→ Exercise description: Your task is to copy each line of the listing that contains the word "from".

→ Exercise material:
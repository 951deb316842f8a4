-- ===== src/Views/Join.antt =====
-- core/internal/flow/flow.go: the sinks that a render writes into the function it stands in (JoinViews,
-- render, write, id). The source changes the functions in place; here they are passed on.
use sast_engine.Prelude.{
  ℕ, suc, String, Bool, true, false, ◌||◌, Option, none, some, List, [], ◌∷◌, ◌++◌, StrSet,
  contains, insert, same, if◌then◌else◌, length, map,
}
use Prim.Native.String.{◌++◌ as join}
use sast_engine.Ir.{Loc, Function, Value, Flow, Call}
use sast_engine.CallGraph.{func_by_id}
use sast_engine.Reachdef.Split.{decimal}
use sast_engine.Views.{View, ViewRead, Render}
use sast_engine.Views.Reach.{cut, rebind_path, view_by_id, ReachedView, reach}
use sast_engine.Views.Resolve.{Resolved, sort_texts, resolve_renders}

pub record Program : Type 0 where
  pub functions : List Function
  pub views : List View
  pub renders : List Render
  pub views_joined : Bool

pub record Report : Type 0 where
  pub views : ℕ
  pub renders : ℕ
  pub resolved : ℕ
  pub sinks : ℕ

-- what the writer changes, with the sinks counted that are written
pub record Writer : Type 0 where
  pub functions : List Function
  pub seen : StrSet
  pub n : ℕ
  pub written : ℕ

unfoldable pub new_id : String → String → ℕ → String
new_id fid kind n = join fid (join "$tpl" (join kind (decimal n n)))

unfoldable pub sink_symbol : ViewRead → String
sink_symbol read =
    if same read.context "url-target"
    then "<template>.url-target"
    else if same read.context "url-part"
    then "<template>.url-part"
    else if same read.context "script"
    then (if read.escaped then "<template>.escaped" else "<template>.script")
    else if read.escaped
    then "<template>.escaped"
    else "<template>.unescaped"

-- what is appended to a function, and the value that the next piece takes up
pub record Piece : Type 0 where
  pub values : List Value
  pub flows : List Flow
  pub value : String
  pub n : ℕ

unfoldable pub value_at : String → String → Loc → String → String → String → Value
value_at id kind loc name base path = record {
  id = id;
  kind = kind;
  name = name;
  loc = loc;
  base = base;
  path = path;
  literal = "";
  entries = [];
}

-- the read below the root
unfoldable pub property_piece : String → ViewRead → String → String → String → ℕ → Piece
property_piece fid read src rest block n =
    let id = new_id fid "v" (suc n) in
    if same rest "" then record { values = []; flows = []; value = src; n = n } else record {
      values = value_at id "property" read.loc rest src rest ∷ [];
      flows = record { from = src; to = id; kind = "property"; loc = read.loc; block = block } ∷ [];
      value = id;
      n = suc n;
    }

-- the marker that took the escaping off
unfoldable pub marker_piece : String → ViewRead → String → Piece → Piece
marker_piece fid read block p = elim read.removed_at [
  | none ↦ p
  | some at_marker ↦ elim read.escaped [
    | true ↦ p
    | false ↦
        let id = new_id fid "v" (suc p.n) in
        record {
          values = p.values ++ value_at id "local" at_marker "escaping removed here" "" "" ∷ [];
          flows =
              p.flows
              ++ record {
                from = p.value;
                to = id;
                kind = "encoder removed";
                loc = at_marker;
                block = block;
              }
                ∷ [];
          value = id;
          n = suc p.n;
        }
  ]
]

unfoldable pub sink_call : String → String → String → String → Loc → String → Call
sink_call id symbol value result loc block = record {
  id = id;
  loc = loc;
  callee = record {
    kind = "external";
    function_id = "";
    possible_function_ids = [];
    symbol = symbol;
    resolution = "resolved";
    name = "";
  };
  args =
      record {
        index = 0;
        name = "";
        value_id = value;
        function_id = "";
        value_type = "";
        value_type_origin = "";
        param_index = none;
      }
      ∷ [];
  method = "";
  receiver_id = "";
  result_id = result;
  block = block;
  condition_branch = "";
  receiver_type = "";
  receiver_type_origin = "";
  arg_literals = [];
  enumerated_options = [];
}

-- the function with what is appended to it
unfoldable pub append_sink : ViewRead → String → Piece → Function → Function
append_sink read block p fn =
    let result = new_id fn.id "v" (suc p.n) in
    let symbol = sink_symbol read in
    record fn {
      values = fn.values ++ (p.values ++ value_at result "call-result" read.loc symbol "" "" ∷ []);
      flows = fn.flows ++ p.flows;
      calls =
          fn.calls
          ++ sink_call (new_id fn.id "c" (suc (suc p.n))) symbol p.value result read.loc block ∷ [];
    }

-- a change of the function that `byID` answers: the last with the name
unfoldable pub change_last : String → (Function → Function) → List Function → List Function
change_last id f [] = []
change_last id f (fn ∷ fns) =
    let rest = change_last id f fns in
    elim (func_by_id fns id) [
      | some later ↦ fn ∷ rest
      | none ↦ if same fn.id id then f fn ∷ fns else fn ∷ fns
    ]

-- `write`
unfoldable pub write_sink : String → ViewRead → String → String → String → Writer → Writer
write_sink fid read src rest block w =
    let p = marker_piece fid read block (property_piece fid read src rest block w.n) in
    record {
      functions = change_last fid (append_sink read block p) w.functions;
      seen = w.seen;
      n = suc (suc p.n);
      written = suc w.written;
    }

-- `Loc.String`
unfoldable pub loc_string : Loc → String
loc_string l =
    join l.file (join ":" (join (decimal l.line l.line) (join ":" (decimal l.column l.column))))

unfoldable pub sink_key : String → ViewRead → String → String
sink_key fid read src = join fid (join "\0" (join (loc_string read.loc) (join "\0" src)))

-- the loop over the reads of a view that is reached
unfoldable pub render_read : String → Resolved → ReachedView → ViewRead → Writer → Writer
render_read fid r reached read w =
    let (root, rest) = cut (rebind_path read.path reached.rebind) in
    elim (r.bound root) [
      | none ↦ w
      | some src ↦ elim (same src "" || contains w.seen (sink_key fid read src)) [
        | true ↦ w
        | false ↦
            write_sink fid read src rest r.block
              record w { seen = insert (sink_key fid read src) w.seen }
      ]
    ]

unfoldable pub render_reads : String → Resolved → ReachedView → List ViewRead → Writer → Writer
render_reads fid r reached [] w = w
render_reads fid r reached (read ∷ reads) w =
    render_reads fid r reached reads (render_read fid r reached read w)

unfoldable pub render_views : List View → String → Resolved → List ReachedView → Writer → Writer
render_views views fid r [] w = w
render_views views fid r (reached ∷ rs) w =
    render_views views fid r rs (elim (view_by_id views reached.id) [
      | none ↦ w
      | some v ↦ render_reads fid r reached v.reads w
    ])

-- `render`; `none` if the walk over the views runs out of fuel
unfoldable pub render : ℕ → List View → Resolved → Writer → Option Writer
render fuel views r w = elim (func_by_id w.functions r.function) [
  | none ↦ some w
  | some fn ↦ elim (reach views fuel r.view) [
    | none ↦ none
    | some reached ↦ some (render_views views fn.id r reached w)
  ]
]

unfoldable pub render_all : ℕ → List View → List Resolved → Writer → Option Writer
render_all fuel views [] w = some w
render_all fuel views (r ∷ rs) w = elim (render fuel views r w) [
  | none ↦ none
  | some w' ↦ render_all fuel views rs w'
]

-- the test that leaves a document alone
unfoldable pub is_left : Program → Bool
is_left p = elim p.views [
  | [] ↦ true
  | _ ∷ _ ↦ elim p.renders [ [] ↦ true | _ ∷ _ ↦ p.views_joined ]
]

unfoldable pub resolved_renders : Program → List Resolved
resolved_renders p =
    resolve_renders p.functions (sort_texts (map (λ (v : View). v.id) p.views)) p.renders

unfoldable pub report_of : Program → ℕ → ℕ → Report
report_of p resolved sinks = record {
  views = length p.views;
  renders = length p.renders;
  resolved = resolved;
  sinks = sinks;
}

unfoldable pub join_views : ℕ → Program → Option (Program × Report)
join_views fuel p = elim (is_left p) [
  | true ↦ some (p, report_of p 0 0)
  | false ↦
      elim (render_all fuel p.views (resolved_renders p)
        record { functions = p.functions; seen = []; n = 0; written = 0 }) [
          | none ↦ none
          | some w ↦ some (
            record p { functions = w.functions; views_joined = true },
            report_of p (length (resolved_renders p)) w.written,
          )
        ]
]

→ Written answer:
      flows = record { from = src; to = id; kind = "property"; loc = read.loc; block = block } ∷ [];
                from = p.value;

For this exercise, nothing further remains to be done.